According to historicism, what is the role of Islam in the future?


----------



## VirginiaHuguenot (Jan 26, 2005)

I'm not sure I know the answer to the question of Islam's role in the future according to historicist interpretation, except to affirm that the light of gosel shall prevail in what are now dark Muslim lands, and that every tongue and every tribe shall confess that Jesus Christ is Lord. This the postmillennial teaching generally. 

Historicists generally interpret Islam's rise in light of one of the Seven Trumpets of Revelation: 



> 5. Army of Demon Locusts - Rise and spread of Islam 630-786 AD
> 
> All Historicists believe the 5th trumpet (Rev. 9: 1-6) refers to the golden age of the Arabs with the emergence of Islam under Mohammed, and the 6th trumpet (Rev. 9: 13-15) refers to the Turks.

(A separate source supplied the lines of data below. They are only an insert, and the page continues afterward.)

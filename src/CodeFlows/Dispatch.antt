-- ===== src/CodeFlows/Dispatch.antt =====
-- Which edges of the call graph entry_dispatch_allowed excludes (domain/code_flows.py).
use mathlib.Core.List.Memᴰ
use systemlens.Prelude.{
  ◌≡◌, ◌≢◌, refl, sym, ◌∙◌, false, List, [], ◌∷◌, filter, map, contains, contains_iff, length, ltb,
  Memᴰ, Memᴰ-filter, Memᴰ-dedup, Distinct, Distinct-dedup, Bool-cases, inl, inr, ◌↔◌, arith,
}
use systemlens.Text.{Text, text_eq, text_beq, text_beq_iff}
use systemlens.CodeFlows.{owner, simple_name, overrides, entry_dispatch_allowed}

-- A callee of the call site that is an override of the callee.
abbrev pub IsOverride : Text → List Text → Text → Type 0
IsOverride callee callees m = Memᴰ m callees × (simple_name m ≡ simple_name callee)

two_iff :
    (xs : List Text) (o : Text)
    → Distinct xs
    → Memᴰ o xs
    → (ltb (length xs) 2 ≡ false) ↔ ((x : Text) × (Memᴰ x xs × (x ≢ o)))
two_iff [] o d m = absurd (Memᴰ.not-nil m)
two_iff (x ∷ []) o d m =
    (λ h. cc, λ (y, (n, k)). absurd (k (Memᴰ.eq_of_singleton n ∙ sym (Memᴰ.eq_of_singleton m))))
two_iff (x ∷ y ∷ xs) o d m = (
  λ h. elim (Bool-cases (text_beq x o)) [
    | inl t ↦
        let same : x ≡ o = (text_beq_iff x o).0 t in
        (y, (Memᴰ.tail (Memᴰ.head refl), λ e. d.0 (Memᴰ.head (same ∙ sym e))))
    | inr t ↦ (x, (Memᴰ.head refl, λ e. cc ((text_beq_iff x o).1 e)))
  ],
  λ h. ground arith,
)

overrides_iff :
    (callee : Text) (callees : List Text) (o : Text)
    → Memᴰ o (overrides callee callees)
      ↔ ((m : Text) × (IsOverride callee callees m × (owner m ≡ o)))
unfolding overrides
overrides_iff callee callees o =
    let named = λ (c : Text). text_beq (simple_name c) (simple_name callee) in
    let once = Memᴰ-dedup o (map owner (filter named callees)) in
    (
      λ n.
          let (m, k, e) = Memᴰ.of_map owner (filter named callees) (once.0 n) in
          let (l, t) = (Memᴰ-filter named m callees).0 k in
          (m, ((l, (text_beq_iff (simple_name m) (simple_name callee)).0 t), e)),
      λ (m, ((l, e), q)). once.1 (
          Memᴰ.cast (sym q) (
            Memᴰ.map owner (
              (Memᴰ-filter named m callees).1
                (l, (text_beq_iff (simple_name m) (simple_name callee)).1 e)))),
    )

-- An edge is excluded exactly if its call site stands outside the entry's class and fans out: among
-- the callees of the site with the callee's name one is declared by the entry's class and one by
-- another class, and the callee itself is not declared by the entry's class.
pub entry_dispatch_iff :
    (entry caller callee : Text) (callees : List Text)
    → (entry_dispatch_allowed entry caller callee callees ≡ false) ↔ (
        (owner caller ≢ owner entry)
        × (((m : Text) × (IsOverride callee callees m × (owner m ≡ owner entry)))
            × (((m : Text) × (IsOverride callee callees m × (owner m ≢ owner entry)))
                × (owner callee ≢ owner entry))))
unfolding entry_dispatch_allowed overrides
entry_dispatch_iff entry caller callee callees =
    let owners = overrides callee callees in
    let o = owner entry in
    let own = overrides_iff callee callees o in
    let within = contains_iff owners o in
    let at_caller = text_beq_iff (owner caller) o in
    let at_callee = text_beq_iff (owner callee) o in
    let distinct : Distinct owners = Distinct-dedup _ in
    elim (Bool-cases (text_beq (owner caller) o)) [
      | inl t ↦ rw t (λ h. cc, λ h. absurd (h.0 (at_caller.0 t)))
      | inr t ↦ elim (Bool-cases (contains owners o)) [
        | inr c ↦ (λ h. ground arith, λ h. absurd (cc (within.1 (own.1 h.1.0), c)))
        | inl c ↦
            let two = two_iff owners o distinct (within.0 c) in
            (
              λ h.
                  let (x, (n, k)) = two.0 (ground arith) in
                  let (m, (i, e)) = (overrides_iff callee callees x).0 n in
                  (
                    λ e'. cc (at_caller.1 e', t),
                    (
                      own.0 (within.0 c),
                      ((m, (i, λ q. k (sym e ∙ q))), λ q. ground (arith, at_callee.1 q)),
                    ),
                  ),
              λ (a, (b, ((m, (i, n)), d))).
                  let wide =
                    two.1
                      (owner m, ((overrides_iff callee callees (owner m)).1 (m, (i, refl)), n)) in
                  ground (arith, at_callee, d),
            )
      ]
    ]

Source: http://www.geocities.com/ke_solutions/Tidbits/historicism.htm

See also the writings of Dr. F. Nigel Lee on Islam per Calvin, Luther and the Bible:

http://www.dr-fnlee.org/docs6/calvislam/calvislam.html

http://www.dr-fnlee.org/docs/loiatp/loiatp.html

http://www.dr-fnlee.org/docs/iitb/iitb.html


----------



## Scott (Jan 26, 2005)

As I recall, Jonathan Edwards, taking a historicist position, argued for a coming religious battle in which the papacy, Isalm, and something else would join together. As I recall, Isalm was one of the "frogs" here:




> 12The sixth angel poured out his bowl on the great river Euphrates, and its water was dried up to prepare the way for the kings from the East. 13Then I saw three evil[a] spirits that looked like frogs; they came out of the mouth of the dragon, out of the mouth of the beast and out of the mouth of the false prophet. 14They are spirits of demons performing miraculous signs, and they go out to the kings of the whole world, to gather them for the battle on the great day of God Almighty.

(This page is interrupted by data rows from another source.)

-- ===== src/CodeFlows/Internal.antt =====
-- application/code_flows.py: the flows inside one module, and the counts of them.
pub mod Steps
pub mod Ends
pub mod Exact
use systemlens.Prelude.{
  ℕ, ◌+◌, Bool, true, false, ◌&&◌, ◌||◌, not, Option, none, some, List, [], ◌∷◌, ◌++◌,
  if◌then◌else◌, ◌==◌, filter, map, all, contains, dedup, length, Eq, option_eq,
}
use systemlens.Prelude.Dict.{Dict, get, put}
use systemlens.Text.{Text, text_eq, codes}
use systemlens.Text.Order.{sort, text_leb}
use systemlens.Models.{MessageEndpoint, kafka, rest, produce, consume, serve, call}
use systemlens.Graph.Edges.{GraphEdge}
use systemlens.CodeFlows.{CodeFlow, CodeFlowStep}

abbrev pub EndpointsById : Type 0
EndpointsById = Dict Text MessageEndpoint

-- {endpoint.id: endpoint for endpoint in endpoints}
unfoldable pub by_id : EndpointsById → List MessageEndpoint → EndpointsById
by_id d [] = d
by_id d (e ∷ es) = by_id (put d e.id e) es

abbrev pub data_step_kinds : List Text
data_step_kinds = codes "data_read" ∷ codes "data_write" ∷ codes "data_access" ∷ []

-- The endpoints of the steps that name an indexed one, in their order; an empty id is none.
unfoldable pub step_endpoint : EndpointsById → Option Text → Option MessageEndpoint
step_endpoint d none = none
step_endpoint d (some []) = none
step_endpoint d (some (c ∷ s)) = get d (c ∷ s)

unfoldable pub endpoint_steps : EndpointsById → List CodeFlowStep → List MessageEndpoint
unfolding step_endpoint
endpoint_steps d [] = []
endpoint_steps d (s ∷ steps) =
    let rest = endpoint_steps d steps in
    elim (step_endpoint d s.endpoint_id) [ none ↦ rest | some e ↦ e ∷ rest ]

unfoldable pub is_input : MessageEndpoint → Bool
is_input e = e.role == serve || e.role == consume

unfoldable pub is_output : MessageEndpoint → Bool
is_output e = e.role == call || e.role == produce

unfoldable pub last_or {ℓ} : {A : Type ℓ} → A → List A → A
last_or a [] = a
last_or a (b ∷ bs) = last_or b bs

unfoldable pub last_kind : List CodeFlowStep → Text
last_kind [] = []
last_kind (s ∷ steps) = (last_or s steps).kind

-- An endpoint without a module is no evidence of another one.
unfoldable pub in_module_or_none : Text → MessageEndpoint → Bool
in_module_or_none name e = e.in_module == none || e.in_module == some name

unfoldable pub is_internal_module_flow : CodeFlow → EndpointsById → Text → Bool
unfolding endpoint_steps is_input is_output last_kind in_module_or_none last_or
is_internal_module_flow flow d name = flow.in_module == name && elim (endpoint_steps d flow.steps) [
  | [] ↦ false
  | first ∷ others ↦
      is_input first
      && not (contains data_step_kinds (last_kind flow.steps))
      && is_output (last_or first others)
      && all (in_module_or_none name) (first ∷ others)
]

has_target : Option MessageEndpoint → Bool
has_target none = false
has_target (some t) = true

unfoldable pub is_internal_edge : Text → GraphEdge → Bool
unfolding has_target
is_internal_edge kind e =
    e.kind == kind && has_target e.to_endpoint && not (e.from_service == e.to_service)

pub record InternalFlowStats : Type 0 where
  pub http_internal_connections : ℕ
  pub kafka_internal_connections : ℕ
  pub internal_connections : ℕ

unfoldable pub internal_flow_stats : List GraphEdge → InternalFlowStats
unfolding is_internal_edge
internal_flow_stats edges =
    let http = length (filter (is_internal_edge rest) edges) in
    let messages = length (filter (is_internal_edge kafka) edges) in
    record {
      http_internal_connections = http;
      kafka_internal_connections = messages;
      internal_connections = http + messages;
    }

[Edited on 1-26-2005 by Scott]


----------



## VirginiaHuguenot (Jan 26, 2005)

That's intriguing. Do you know where Edwards wrote about that? I am guessing his History of the Work of Redemption, but I don't see it there so far.

[Edited on 26-1-2005 by VirginiaHuguenot]


----------



## Scott (Jan 26, 2005)

Yeah, it was:

Edwards, Jonathan, Apocalyptic writings.
Publisher: Yale University Press, 
Pub Date: 1977. 
Pages: x, 501 p. ; 
ISBN: 0300019459 


[Edited on 1-26-2005 by Scott]


----------